Brute-Force Approach:
- The find_outlier function iterates through all possible pairs of elements in the input array nums. It considers each pair as potential non-special numbers (the sum and the outlier).
- For each pair, it identifies the remaining elements as potential special numbers.
- It calculates the sum of the potential special numbers.
- It checks if either of the initially selected numbers matches the calculated sum. If it does, the other number is considered the outlier, and the max_outlier is updated accordingly.
- Finally, the function returns the largest potential outlier found.
Time Complexity:
- The outer loop iterates n times, and the inner loop iterates n-1 times. Inside the nested loops, there's another loop that iterates n times to create the list of potential_special numbers and calculate their sum.
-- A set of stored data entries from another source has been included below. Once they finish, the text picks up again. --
-- ===== src/Samples.antt =====
-- A configuration and a state in whole numbers, on which the tests of the components run.
use fanpico.Base.{ℕ, ◌+◌, ◌*◌, false, some, none, [], ltb, if◌then◌else◌}
use fanpico.Base.Int.{pos}
use fanpico.Base.Arith.{ℕ_arith}
use fanpico.Types.{
  PwmMap, TempMap, FanOutput, MbInput, SensorInput, VsensorInput, FanpicoConfig, FanpicoState,
  pwm_fixed, tacho_fan, temp_internal, vsmode_max, rmode_tacho, filter_none, filter_sma,
}
use fanpico.Filters.{Heap, sma}
use fanpico.Filters.Sma.{fresh}

abbrev pub identity : PwmMap
identity = record { points = 2; pwm = λ i. (i * 100, i * 100) }

abbrev pub fixed_fan : FanOutput ℕ
fixed_fan = record {
  name = [];
  tacho_hyst = 1;
  pwm_hyst = 1;
  min_pwm = 20;
  max_pwm = 90;
  pwm_coefficient = 1;
  s_type = pwm_fixed;
  s_id = 95;
  curve = identity;
  filter = filter_sma;
  filter_ctx = some 0;
  rpm_mode = rmode_tacho;
  rpm_factor = 2;
  lra_low = 0;
  lra_high = 0;
}

abbrev pub mb : MbInput ℕ
mb = record {
  name = [];
  rpm_mode = rmode_tacho;
  min_rpm = 0;
  max_rpm = 5000;
  rpm_coefficient = 1;
  rpm_factor = 2;
  lra_treshold = 0;
  lra_invert = false;
  s_type = tacho_fan;
  s_id = 0;
  sources = λ i. 0;
  curve = record { points = 2; tacho = λ i. (i * 5000, i * 5000) };
  filter = filter_none;
  filter_ctx = none;
}

abbrev pub temps : TempMap ℕ
temps = record { points = 2; temp = λ i. (i * 40 + 20, i * 100) }

abbrev pub sensor : SensorInput ℕ
sensor = record {
  type = temp_internal;
  name = [];
  thermistor_nominal = 10000;
  temp_nominal = 25;
  beta_coefficient = 3950;
  temp_offset = 0;
  temp_coefficient = 1;
  curve = temps;
  filter = filter_none;
  filter_ctx = none;
}

abbrev pub vsensor : VsensorInput ℕ
vsensor = record {
  name = [];
  mode = vsmode_max;
  default_temp = 0;
  timeout = pos 30;
  sensors = λ i. if ltb i 2 then i + 1 else 0;
  onewire_addr = 0;
  i2c_type = 0;
  i2c_addr = 0;
  curve = temps;
  filter = filter_none;
  filter_ctx = none;
}

abbrev pub config : FanpicoConfig ℕ
config = record {
  sensors = λ i. sensor;
  vsensors = λ i. vsensor;
  fans = λ i. fixed_fan;
  mbfans = λ i. mb;
  onewire_active = false;
  adc_vref = 3;
  vtemp = λ i. 0;
  vhumidity = λ i. 0;
  vpressure = λ i. 0;
  vtemp_updated = λ i. 0;
}

abbrev pub start : FanpicoState ℕ
start = record {
  mbfan_duty = λ i. 0;
  mbfan_duty_prev = λ i. 0;
  fan_freq = λ i. 0;
  fan_freq_prev = λ i. 0;
  temp = λ i. i + 30;
  temp_prev = λ i. 0;
  vtemp = λ i. 0;
  vhumidity = λ i. 0;
  vpressure = λ i. 0;
  vtemp_updated = λ i. 0;
  vtemp_prev = λ i. 0;
  onewire_temp = λ i. 0;
  onewire_temp_updated = λ i. 0;
  prev_onewire_temp = λ i. 0;
  fan_duty = λ i. 0;
  fan_duty_prev = λ i. 0;
  mbfan_freq = λ i. 0;
  mbfan_freq_prev = λ i. 0;
}

abbrev pub cells : Heap ℕ
cells p = sma (fresh 2)
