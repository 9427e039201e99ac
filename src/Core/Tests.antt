-- ===== src/Core/Tests.antt =====
-- src/fanpico.c, `core1_main`: the theorems at inputs.
use fanpico.Base.{ℕ, ◌*◌, refl, false, true, none, inl, [], ◌∷◌, arith}
use fanpico.Base.Int.{pos}
use fanpico.Base.Arith.{ℕ_arith}
use fanpico.Samples.{config, start, cells}
use fanpico.Pulse.{PulseState}
use fanpico.Core.{CoreSetup, Seen, Core1, core1_run}
use fanpico.Core.Passes.{InOrder, core1_run-InOrder}

abbrev setup : CoreSetup ℕ
setup = record {
  outputs = record { fan_count = 8; mbfan_count = 4; sys_clock = 125_000_000; pwm_out_top = 4999 };
  sensor_count = 2;
  ports = λ i. i;
  rate = 1000;
}

abbrev seen : Seen ℕ
seen = record {
  pulses = (3, 2_000_100) ∷ [];
  lra_pin = false;
  counters = λ i. i * 100;
  adc = λ i k. 1000;
  converts = true;
  reading = λ addr. none;
  cfg = config;
  config_mutex = true;
  state_mutex = false;
  tacho_at = 3_000_000;
  pwm_at = 3_000_010;
  stopped_at = 3_000_020;
  temp_at = 3_000_030;
  onewire_at = 3_000_040;
  outputs_at = 3_000_050;
  config_at = 3_000_060;
  state_at = 3_000_070;
}

abbrev idle : PulseState
idle = record {
  pulse_pin = 3;
  pulse_events = 8;
  pulse_counter = 2;
  measure_complete = false;
  pulse_start = 0;
  pulse_end = 0;
  enabled = true;
}

abbrev first : Core1 ℕ
first = record {
  config = config;
  state = start;
  heap = cells;
  hw = record { gpio_level = λ i. 0; period = λ i. 0; lra = λ i. false };
  reader = record {
    state = 0;
    q = 0;
    start_t = 0;
    fan = none;
    queues = record { queue = λ i. 0; queue_pos = λ q. 0 };
    mux = (false, false, false);
    pulse = idle;
    fan_tacho_freq = λ i. 0;
  };
  pwm_in = record { state = 0; t_start = 0; counting = false; mbfan_pwm_duty = λ i. 0 };
  bus = record { ready = true; devices = 2; addr = λ i. i; step = 0; sensor = 0 };
  onewire_delay = pos 5000;
  t_temp = 0;
  t_onewire_temp = 0;
  t_tacho = 0;
  t_poll_pwm = 0;
  t_set_outputs = 0;
  t_config = 0;
  t_state = 0;
  transfer_state = start;
}

core1_run-InOrder_example : InOrder (core1_run setup (seen ∷ seen ∷ []) first)
core1_run-InOrder_example = core1_run-InOrder setup (seen ∷ seen ∷ []) first record {
  reader = record { state_in = omega arith; q_in = omega arith; selected = refl };
  pwm_in = inl (refl, refl);
  devices = omega arith;
  step = omega arith;
  sensor = omega arith;
}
Therefore, the time complexity is O(n^3).
Space Complexity:
- The space complexity is O(n) because, in the worst case, the list potential_special can contain n-2 elements, where n is the number of elements in the input array nums.

Optimized Solution (O(n^2) time complexity):

def find_outlier_optimized(nums):
    """Finds the largest potential outlier in an integer array (optimized).

    Args:
        nums (list of int): An array of integers.

    Returns:
        int: The largest potential outlier in nums.
    """
    n = len(nums)
    max_outlier = float('-inf')

    for i in range(n):
        # Consider nums[i] as a potential outlier
        for j in range(n):
            if i == j:
                continue

            # Calculate the sum of all elements except nums[i] and nums[j]
            special_sum = 0
            for k in range(n):
                if k != i and k != j:
                    special_sum += nums[k]

            # If nums[j] is the sum of the special numbers, then nums[i] is an outlier
            if nums[j] == special_sum:
                max_outlier = max(max_outlier, nums[i])

    return max_outlier


# Example Usage:
nums1 = [2, 3, 5, 10]
print(f"Outlier in {nums1}: {find_outlier_optimized(nums1)}")  # Output: 10

nums2 = [-2, -1, -3, -6, 4]
print(f"Outlier in {nums2}: {find_outlier_optimized(nums2)}")  # Output: 4

nums3 = [1, 1, 1, 1, 1, 5, 5]
print(f"Outlier in {nums3}: {find_outlier_optimized(nums3)}")  # Output: 5

Explanation of Optimized Solution:

Optimized Approach:
- The find_outlier_optimized function iterates through the nums array, considering each element as a potential outlier.
- For each potential outlier, it iterates through the rest of the array to find a potential sum.
- It computes the sum of all numbers excluding the potential outlier and the potential sum.
- If the potential sum equals the calculated sum of the remaining numbers, it updates the max_outlier.
Time Complexity:
- The optimized solution reduces the time complexity to O(n^2) because it has two nested loops, each iterating up to n times. The inner loop includes a linear-time calculation of the sum.
Space Complexity:
- The space complexity of the optimized solution is O(1) because it uses a fixed amount of extra space regardless of the input size. Only a few variables (n, max_outlier, i, j, k, special_sum) are used.